New tax and financial rules, laws come into effect from April 1, 2021 – the start of the new financial year. Here is a look at all the changes that will impact your money in FY 2021-22.
Tax on PF interest
As announced in the Budget 2021, if deposits in Employees’ Provident Fund (EPF) and Voluntary Provident Fund (VPF) by an employee exceed Rs 2.5 lakh in a financial year, then the interest earned on the contributions exceeding Rs 2.5 lakh will be taxable in the hands of an employee.
Further, in case there is no contribution by the employer to the EPF account (usually in case of government employees), then interest will be tax-exempt for the deposits up to Rs 5 lakh in a financial year.
Thus, in the new financial year to avoid tax on the PF interest, ensure that the deposits in your EPF account do not exceed the specified limits mentioned above.

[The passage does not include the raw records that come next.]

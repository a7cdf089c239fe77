-- ===== src/Config/Options.antt =====
-- config.go: the options of an agent and their defaults. Durations are nanoseconds; a float is a number
-- of millionths. What is injected counts only by whether it is there.
use go_rag_agent.Base.{Bool, true, ◌*◌, ℕ, Option, ℤ, Text, codes, trim_space}
use go_rag_agent.Access.{AccessBoundary, normalize_boundary}
use go_rag_agent.Provider.Config.{millisecond}
use go_rag_agent.Config.Governance.{RawGovernance, raw_governance_normalized, or_int}
use go_rag_agent.Config.Bridges.{
  BridgeConfig, bridge_normalized, OcrConfig, WebSearchConfig, web_search_normalized, or_text,
}

pub record Config : Type 0 where
  pub chat_model : Text
  pub chat_base_url : Text
  pub chat_api_key : Text
  pub embedding_model : Text
  pub embedding_base_url : Text
  pub embedding_api_key : Text
  pub data_dir : Text
  pub top_k : ℤ
  pub chunk_size : ℤ
  pub chunk_overlap : ℤ
  pub max_history_rounds : ℤ
  pub max_tool_calls : ℤ
  pub max_iterations : ℤ
  pub request_timeout : ℤ
  pub max_execution_duration : ℤ
  pub max_prompt_tokens : ℤ
  pub max_history_tokens : ℤ
  pub max_evidence_tokens : ℤ
  pub max_summary_tokens : ℤ
  pub max_memory_tokens : ℤ
  pub long_term_memory_ttl : ℤ
  pub long_term_memory_max_stored_runes : ℤ
  pub enable_prompt_hardening : Bool
  pub access_boundary : AccessBoundary
  pub enable_hybrid_search : Bool
  pub enable_rerank : Bool
  pub enable_web_search : Bool
  pub enable_tool_calling : Bool
  pub structured_output_format : Text
  pub reasoning_effort : Text
  pub hybrid_candidate_multiplier : ℤ
  pub hybrid_rrf_k : ℤ
  pub rerank_shortlist_multiplier : ℤ
  -- `Runtime.ChatModel` and `Runtime.Embedder`
  pub has_chat_model : Bool
  pub has_embedder : Bool
  pub provider_governance : RawGovernance
  -- how many tools the registry has, where there is one
  pub registered_tools : Option ℕ
  pub pdf_ocr_bridge : OcrConfig
  pub image_text_bridge : BridgeConfig
  pub web_search : WebSearchConfig
  pub long_term_memory_top_k : ℤ
  pub long_term_memory_threshold : ℤ

unfoldable pub ocr_normalized : OcrConfig → OcrConfig
unfolding bridge_normalized
ocr_normalized c = record c { bridge = bridge_normalized c.bridge }

unfoldable pub normalized : Config → Config
unfolding ocr_normalized
normalized c = record c {
  chat_model = trim_space c.chat_model;
  chat_base_url = trim_space c.chat_base_url;
  chat_api_key = trim_space c.chat_api_key;
  embedding_model = trim_space c.embedding_model;
  embedding_base_url = trim_space c.embedding_base_url;
  embedding_api_key = trim_space c.embedding_api_key;
  data_dir = trim_space c.data_dir;
  reasoning_effort = trim_space c.reasoning_effort;
  pdf_ocr_bridge = ocr_normalized c.pdf_ocr_bridge;
  image_text_bridge = bridge_normalized c.image_text_bridge;
  web_search = web_search_normalized c.web_search;
  provider_governance = raw_governance_normalized c.provider_governance;
  access_boundary = normalize_boundary c.access_boundary;
}

-- the defaults, behind `normalized`
unfoldable pub defaulted : Config → Config
defaulted c = record c {
  top_k = or_int c.top_k 5;
  chunk_size = or_int c.chunk_size 1000;
  max_history_rounds = or_int c.max_history_rounds 8;
  max_tool_calls = or_int c.max_tool_calls 4;
  max_iterations = or_int c.max_iterations 3;
  request_timeout = or_int c.request_timeout (30000 * millisecond);
  max_prompt_tokens = or_int c.max_prompt_tokens 4096;
  max_history_tokens = or_int c.max_history_tokens 1024;
  max_evidence_tokens = or_int c.max_evidence_tokens 2048;
  max_summary_tokens = or_int c.max_summary_tokens 256;
  max_memory_tokens = or_int c.max_memory_tokens 512;
  long_term_memory_max_stored_runes = or_int c.long_term_memory_max_stored_runes 512;
  enable_prompt_hardening = true;
  long_term_memory_top_k = or_int c.long_term_memory_top_k 3;
  hybrid_candidate_multiplier = or_int c.hybrid_candidate_multiplier 4;
  hybrid_rrf_k = or_int c.hybrid_rrf_k (60 * 1000000);
  rerank_shortlist_multiplier = or_int c.rerank_shortlist_multiplier 2;
  structured_output_format = or_text c.structured_output_format (codes "json_object");
}

unfoldable pub with_defaults : Config → Config
unfolding normalized defaulted
with_defaults c = defaulted (normalized c)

In the Income-tax Rules, 1962, after the rule 9C, the following rule (9D) has been inserted by the Central Board of Direct Taxes:
(1) For the purposes of the first and second provisos to clauses (11) and (12) of section 10 , income by way of interest accrued during the previous year which is not exempt from inclusion in the total income of a person under the said clauses (hereinafter in this rule referred to as the taxable interest), shall be computed as the interest accrued during the previous year in the taxable contribution account.
(2) For the purpose of calculation of taxable interest under sub-rule (1), separate accounts within the provident fund account shall be maintained during the previous year 2021-2022 and all subsequent previous years for taxable contribution and non-taxable contribution made by a person.